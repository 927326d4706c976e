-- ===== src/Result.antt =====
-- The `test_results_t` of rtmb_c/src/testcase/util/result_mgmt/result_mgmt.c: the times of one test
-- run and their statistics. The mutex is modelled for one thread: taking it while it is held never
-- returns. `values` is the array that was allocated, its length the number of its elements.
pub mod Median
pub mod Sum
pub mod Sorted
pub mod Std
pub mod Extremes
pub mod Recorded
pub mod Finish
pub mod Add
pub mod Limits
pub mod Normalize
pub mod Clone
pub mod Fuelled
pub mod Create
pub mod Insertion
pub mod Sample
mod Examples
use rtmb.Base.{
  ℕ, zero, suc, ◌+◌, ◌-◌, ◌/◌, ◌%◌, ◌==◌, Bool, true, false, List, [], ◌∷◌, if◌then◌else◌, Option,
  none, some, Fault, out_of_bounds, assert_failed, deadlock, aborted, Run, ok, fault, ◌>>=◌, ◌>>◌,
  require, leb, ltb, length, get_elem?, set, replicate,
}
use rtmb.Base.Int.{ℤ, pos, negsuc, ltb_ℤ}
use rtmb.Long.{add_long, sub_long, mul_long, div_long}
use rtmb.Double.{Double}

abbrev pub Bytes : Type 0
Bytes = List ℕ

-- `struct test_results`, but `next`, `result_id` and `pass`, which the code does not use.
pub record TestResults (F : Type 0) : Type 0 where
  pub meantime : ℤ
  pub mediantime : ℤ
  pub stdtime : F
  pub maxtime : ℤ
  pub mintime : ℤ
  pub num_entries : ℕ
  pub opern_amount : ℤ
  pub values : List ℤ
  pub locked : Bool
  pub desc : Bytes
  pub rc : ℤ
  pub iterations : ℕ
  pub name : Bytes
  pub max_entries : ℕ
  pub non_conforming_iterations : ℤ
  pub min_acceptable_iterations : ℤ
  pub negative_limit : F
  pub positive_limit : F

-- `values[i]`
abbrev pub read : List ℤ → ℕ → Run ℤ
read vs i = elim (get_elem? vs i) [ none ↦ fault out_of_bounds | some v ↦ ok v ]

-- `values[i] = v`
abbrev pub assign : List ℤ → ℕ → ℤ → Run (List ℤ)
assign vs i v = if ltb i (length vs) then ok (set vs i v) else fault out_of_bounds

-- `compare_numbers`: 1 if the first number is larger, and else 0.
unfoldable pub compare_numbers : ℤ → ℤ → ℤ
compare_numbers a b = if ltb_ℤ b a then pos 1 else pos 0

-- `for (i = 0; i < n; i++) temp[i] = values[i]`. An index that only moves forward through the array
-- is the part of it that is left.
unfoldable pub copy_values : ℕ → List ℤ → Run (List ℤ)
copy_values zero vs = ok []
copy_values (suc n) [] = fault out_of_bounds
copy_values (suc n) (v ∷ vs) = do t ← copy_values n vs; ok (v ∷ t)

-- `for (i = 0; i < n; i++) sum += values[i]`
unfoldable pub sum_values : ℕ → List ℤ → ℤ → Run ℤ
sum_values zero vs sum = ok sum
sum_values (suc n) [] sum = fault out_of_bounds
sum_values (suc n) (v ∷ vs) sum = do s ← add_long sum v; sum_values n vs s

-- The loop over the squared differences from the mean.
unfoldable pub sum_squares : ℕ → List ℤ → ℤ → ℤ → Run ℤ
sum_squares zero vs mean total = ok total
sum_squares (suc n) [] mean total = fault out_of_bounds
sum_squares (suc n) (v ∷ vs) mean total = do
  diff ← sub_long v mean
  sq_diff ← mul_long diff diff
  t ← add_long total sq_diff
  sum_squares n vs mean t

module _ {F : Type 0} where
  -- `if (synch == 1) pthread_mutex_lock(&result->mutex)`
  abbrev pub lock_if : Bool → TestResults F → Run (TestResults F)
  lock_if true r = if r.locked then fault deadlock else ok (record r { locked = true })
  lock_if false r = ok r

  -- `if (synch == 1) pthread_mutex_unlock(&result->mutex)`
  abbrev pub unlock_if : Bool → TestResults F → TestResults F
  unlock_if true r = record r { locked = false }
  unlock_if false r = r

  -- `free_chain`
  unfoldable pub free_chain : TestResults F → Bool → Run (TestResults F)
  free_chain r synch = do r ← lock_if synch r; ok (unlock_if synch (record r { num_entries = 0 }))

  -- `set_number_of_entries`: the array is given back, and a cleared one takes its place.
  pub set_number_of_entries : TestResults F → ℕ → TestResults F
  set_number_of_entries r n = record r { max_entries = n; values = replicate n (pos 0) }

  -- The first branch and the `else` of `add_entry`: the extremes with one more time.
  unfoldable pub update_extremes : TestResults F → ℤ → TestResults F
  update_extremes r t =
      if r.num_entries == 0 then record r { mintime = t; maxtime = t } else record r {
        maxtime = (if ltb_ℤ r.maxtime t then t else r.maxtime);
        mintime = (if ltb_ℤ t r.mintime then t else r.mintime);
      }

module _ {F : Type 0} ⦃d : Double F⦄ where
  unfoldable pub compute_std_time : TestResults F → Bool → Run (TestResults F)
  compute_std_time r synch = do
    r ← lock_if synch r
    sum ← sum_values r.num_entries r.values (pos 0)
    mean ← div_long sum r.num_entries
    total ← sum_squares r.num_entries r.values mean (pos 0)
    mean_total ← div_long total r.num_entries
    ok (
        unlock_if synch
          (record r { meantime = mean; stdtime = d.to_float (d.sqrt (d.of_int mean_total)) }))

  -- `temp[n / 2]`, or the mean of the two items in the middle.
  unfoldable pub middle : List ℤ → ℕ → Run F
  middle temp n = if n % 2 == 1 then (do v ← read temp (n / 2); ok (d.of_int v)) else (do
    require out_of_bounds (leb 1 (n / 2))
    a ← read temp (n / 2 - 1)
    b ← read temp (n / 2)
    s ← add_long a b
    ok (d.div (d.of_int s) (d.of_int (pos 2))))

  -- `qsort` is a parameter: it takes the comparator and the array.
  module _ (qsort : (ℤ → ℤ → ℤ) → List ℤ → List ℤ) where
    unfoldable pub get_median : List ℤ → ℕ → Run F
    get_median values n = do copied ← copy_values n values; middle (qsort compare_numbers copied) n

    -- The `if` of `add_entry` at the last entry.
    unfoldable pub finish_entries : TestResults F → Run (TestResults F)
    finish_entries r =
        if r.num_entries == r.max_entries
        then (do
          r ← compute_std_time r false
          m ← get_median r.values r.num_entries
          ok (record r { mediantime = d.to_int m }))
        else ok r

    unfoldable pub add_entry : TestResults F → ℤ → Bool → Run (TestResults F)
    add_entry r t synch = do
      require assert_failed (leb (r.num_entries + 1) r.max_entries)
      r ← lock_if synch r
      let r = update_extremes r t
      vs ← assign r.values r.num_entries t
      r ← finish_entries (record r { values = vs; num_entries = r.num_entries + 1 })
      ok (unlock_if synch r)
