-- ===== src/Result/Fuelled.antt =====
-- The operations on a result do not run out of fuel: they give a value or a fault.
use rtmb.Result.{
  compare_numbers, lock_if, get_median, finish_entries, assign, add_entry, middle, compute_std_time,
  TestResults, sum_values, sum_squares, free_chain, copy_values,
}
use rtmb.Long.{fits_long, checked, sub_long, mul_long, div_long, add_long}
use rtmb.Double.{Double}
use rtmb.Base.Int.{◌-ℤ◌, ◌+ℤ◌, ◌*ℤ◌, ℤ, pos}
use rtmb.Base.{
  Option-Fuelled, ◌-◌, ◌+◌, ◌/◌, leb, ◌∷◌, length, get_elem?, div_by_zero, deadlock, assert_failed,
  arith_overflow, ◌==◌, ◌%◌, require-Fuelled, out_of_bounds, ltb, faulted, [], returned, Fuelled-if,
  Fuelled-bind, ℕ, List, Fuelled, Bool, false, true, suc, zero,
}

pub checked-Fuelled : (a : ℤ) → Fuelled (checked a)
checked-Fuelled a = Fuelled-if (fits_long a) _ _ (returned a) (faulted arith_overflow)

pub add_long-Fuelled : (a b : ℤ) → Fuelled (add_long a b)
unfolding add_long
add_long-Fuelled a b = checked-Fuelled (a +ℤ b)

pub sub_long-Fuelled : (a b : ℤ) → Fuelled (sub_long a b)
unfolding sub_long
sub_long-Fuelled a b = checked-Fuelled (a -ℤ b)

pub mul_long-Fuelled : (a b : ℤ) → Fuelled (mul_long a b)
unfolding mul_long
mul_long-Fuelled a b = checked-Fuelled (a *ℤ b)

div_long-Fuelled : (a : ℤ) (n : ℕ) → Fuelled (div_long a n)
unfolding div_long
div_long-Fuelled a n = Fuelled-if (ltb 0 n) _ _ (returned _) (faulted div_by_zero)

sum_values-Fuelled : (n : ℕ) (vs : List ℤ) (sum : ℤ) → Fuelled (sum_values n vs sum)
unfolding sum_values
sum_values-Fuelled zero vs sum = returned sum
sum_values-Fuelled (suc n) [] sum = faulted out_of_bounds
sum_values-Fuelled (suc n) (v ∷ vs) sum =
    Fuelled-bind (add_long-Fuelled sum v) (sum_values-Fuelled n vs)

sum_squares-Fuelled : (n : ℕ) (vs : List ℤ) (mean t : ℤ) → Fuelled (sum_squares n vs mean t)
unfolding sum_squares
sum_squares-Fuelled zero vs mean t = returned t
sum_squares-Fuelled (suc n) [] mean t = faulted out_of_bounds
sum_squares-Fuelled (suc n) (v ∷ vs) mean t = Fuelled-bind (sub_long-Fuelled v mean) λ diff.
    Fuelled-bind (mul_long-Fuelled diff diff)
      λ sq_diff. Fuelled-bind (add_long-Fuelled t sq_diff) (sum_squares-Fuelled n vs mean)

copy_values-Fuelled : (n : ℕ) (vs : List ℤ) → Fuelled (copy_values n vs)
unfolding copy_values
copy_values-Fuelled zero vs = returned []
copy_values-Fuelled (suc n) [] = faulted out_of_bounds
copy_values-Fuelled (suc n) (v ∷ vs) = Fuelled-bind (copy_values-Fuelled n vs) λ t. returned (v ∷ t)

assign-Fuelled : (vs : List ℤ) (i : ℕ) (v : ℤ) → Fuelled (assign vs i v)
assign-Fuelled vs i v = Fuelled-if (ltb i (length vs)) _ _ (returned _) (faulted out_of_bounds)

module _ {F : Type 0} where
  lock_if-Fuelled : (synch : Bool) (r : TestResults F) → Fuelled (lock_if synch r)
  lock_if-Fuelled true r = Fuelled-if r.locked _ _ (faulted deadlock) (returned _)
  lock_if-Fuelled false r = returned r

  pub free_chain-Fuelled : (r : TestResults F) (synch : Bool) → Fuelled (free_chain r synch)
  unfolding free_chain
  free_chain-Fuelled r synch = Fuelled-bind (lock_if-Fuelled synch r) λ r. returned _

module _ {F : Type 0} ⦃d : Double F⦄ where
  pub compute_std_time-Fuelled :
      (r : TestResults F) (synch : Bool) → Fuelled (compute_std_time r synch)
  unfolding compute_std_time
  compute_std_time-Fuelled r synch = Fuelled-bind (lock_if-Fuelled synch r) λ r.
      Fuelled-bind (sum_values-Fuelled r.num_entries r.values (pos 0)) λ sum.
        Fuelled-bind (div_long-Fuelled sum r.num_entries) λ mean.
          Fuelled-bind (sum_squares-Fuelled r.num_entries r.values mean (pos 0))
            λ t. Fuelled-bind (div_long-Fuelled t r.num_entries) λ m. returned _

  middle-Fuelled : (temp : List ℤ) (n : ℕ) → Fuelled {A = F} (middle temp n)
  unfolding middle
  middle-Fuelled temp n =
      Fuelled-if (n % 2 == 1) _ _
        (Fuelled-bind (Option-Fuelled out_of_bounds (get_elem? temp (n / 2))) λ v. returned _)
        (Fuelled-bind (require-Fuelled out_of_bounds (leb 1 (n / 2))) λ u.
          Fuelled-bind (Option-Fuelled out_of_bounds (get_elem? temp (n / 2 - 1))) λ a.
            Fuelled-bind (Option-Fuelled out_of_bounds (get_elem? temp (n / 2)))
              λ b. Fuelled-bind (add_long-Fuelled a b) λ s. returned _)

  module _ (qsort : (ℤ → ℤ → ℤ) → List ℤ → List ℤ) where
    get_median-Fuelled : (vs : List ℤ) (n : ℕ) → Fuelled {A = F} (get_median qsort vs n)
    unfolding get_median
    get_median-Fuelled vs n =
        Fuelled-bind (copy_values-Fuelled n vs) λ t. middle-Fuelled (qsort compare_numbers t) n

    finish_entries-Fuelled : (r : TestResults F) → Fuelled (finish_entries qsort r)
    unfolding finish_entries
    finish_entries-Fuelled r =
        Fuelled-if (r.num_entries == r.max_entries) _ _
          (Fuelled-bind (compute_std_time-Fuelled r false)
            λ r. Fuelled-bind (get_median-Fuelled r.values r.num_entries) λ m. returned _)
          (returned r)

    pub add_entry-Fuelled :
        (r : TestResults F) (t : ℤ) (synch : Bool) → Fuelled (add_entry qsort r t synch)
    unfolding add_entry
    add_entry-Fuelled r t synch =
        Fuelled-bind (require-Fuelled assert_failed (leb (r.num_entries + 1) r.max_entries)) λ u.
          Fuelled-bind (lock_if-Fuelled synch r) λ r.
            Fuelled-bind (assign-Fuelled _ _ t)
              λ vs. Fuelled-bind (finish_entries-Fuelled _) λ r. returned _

**EXERCISE DETAILS:** In your answer, include only the lines above starting at the line that holds "pub mod Normalize" and ending at the line that holds "copy_values (suc n) (v", copied exactly.

**RESPONSE FOR THIS EXERCISE:**
pub mod Normalize
pub mod Clone
pub mod Fuelled
pub mod Create
pub mod Insertion
pub mod Sample
mod Examples
use rtmb.Base.{
  ℕ, zero, suc, ◌+◌, ◌-◌, ◌/◌, ◌%◌, ◌==◌, Bool, true, false, List, [], ◌∷◌, if◌then◌else◌, Option,
  none, some, Fault, out_of_bounds, assert_failed, deadlock, aborted, Run, ok, fault, ◌>>=◌, ◌>>◌,
  require, leb, ltb, length, get_elem?, set, replicate,
}
use rtmb.Base.Int.{ℤ, pos, negsuc, ltb_ℤ}
use rtmb.Long.{add_long, sub_long, mul_long, div_long}
use rtmb.Double.{Double}

abbrev pub Bytes : Type 0
Bytes = List ℕ

-- `struct test_results`, but `next`, `result_id` and `pass`, which the code does not use.
pub record TestResults (F : Type 0) : Type 0 where
  pub meantime : ℤ
  pub mediantime : ℤ
  pub stdtime : F
  pub maxtime : ℤ
  pub mintime : ℤ
  pub num_entries : ℕ
  pub opern_amount : ℤ
  pub values : List ℤ
  pub locked : Bool
  pub desc : Bytes
  pub rc : ℤ
  pub iterations : ℕ
  pub name : Bytes
  pub max_entries : ℕ
  pub non_conforming_iterations : ℤ
  pub min_acceptable_iterations : ℤ
  pub negative_limit : F
  pub positive_limit : F

-- `values[i]`
abbrev pub read : List ℤ → ℕ → Run ℤ
read vs i = elim (get_elem? vs i) [ none ↦ fault out_of_bounds | some v ↦ ok v ]

-- `values[i] = v`
abbrev pub assign : List ℤ → ℕ → ℤ → Run (List ℤ)
assign vs i v = if ltb i (length vs) then ok (set vs i v) else fault out_of_bounds

-- `compare_numbers`: 1 if the first number is larger, and else 0.
unfoldable pub compare_numbers : ℤ → ℤ → ℤ
compare_numbers a b = if ltb_ℤ b a then pos 1 else pos 0

-- `for (i = 0; i < n; i++) temp[i] = values[i]`. An index that only moves forward through the array
-- is the part of it that is left.
unfoldable pub copy_values : ℕ → List ℤ → Run (List ℤ)
copy_values zero vs = ok []
copy_values (suc n) [] = fault out_of_bounds
copy_values (suc n) (v ∷ vs) = do t ← copy_values n vs; ok (v ∷ t)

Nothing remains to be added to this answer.